Collected data
....................

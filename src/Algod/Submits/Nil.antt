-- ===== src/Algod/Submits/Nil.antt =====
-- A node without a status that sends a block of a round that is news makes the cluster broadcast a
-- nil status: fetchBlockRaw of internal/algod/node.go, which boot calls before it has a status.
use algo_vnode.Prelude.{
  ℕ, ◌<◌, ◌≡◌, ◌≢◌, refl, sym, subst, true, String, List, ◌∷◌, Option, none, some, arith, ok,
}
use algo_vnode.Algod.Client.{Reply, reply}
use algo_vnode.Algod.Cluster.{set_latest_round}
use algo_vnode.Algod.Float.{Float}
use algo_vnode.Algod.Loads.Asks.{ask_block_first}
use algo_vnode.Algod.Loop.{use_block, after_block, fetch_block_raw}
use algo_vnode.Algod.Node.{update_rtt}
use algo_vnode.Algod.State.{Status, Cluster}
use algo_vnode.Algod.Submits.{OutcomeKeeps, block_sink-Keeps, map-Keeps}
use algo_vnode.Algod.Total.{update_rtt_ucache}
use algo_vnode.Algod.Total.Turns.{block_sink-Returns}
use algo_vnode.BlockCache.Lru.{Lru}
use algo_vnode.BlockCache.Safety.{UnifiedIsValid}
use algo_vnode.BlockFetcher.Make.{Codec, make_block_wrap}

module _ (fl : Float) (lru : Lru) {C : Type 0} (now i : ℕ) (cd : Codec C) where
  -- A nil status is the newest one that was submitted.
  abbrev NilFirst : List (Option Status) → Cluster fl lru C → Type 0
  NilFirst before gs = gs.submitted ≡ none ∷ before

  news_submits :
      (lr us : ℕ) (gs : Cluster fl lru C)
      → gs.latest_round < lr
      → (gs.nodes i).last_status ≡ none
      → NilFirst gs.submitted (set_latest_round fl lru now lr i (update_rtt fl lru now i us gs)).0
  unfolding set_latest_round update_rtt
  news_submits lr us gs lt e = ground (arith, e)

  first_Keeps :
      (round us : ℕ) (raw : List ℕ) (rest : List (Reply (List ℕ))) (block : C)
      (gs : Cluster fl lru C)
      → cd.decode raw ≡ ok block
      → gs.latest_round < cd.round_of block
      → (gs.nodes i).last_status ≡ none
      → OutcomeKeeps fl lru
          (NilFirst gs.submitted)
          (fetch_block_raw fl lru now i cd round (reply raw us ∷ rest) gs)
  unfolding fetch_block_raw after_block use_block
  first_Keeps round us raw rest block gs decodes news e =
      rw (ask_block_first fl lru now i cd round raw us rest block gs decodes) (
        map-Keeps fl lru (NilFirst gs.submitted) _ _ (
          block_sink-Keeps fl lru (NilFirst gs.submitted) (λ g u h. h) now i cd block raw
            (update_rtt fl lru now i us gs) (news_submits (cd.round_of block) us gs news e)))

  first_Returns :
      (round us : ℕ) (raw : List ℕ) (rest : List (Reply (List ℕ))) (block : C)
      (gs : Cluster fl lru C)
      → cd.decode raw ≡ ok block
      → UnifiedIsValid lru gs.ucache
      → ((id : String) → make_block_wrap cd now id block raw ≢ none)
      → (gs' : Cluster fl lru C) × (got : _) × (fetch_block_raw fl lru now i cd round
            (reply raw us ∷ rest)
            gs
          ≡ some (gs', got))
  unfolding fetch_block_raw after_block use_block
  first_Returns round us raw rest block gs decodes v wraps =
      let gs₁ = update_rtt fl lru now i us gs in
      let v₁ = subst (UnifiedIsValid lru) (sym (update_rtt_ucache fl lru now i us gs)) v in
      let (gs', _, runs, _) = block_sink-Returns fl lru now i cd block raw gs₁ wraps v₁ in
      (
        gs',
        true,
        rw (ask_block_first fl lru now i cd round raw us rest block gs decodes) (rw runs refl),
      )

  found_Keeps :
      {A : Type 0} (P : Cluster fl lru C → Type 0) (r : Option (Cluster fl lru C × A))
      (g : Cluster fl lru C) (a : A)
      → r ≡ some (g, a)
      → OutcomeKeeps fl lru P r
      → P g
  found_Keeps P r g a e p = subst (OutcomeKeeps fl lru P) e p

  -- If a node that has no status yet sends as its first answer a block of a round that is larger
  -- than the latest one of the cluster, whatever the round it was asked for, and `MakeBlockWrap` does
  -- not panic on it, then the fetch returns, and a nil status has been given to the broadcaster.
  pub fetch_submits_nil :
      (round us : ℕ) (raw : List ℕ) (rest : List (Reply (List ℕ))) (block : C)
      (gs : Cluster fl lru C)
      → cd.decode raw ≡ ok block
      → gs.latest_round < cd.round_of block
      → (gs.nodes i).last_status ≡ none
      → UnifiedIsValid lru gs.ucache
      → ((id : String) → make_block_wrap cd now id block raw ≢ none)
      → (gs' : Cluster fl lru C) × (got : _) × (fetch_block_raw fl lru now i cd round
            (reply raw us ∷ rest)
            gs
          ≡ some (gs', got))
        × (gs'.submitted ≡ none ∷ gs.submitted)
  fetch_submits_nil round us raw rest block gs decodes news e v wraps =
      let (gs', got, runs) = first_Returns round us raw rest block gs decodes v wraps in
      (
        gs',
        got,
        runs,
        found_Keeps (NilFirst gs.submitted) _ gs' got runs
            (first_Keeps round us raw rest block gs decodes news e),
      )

....................

● **Your instructions**: Pull out every line above that holds the word "OutcomeKeeps".

● **Result of the task**:
use algo_vnode.Algod.Submits.{OutcomeKeeps, block_sink-Keeps, map-Keeps}
      → OutcomeKeeps fl lru
      → OutcomeKeeps fl lru P r
  found_Keeps P r g a e p = subst (OutcomeKeeps fl lru P) e p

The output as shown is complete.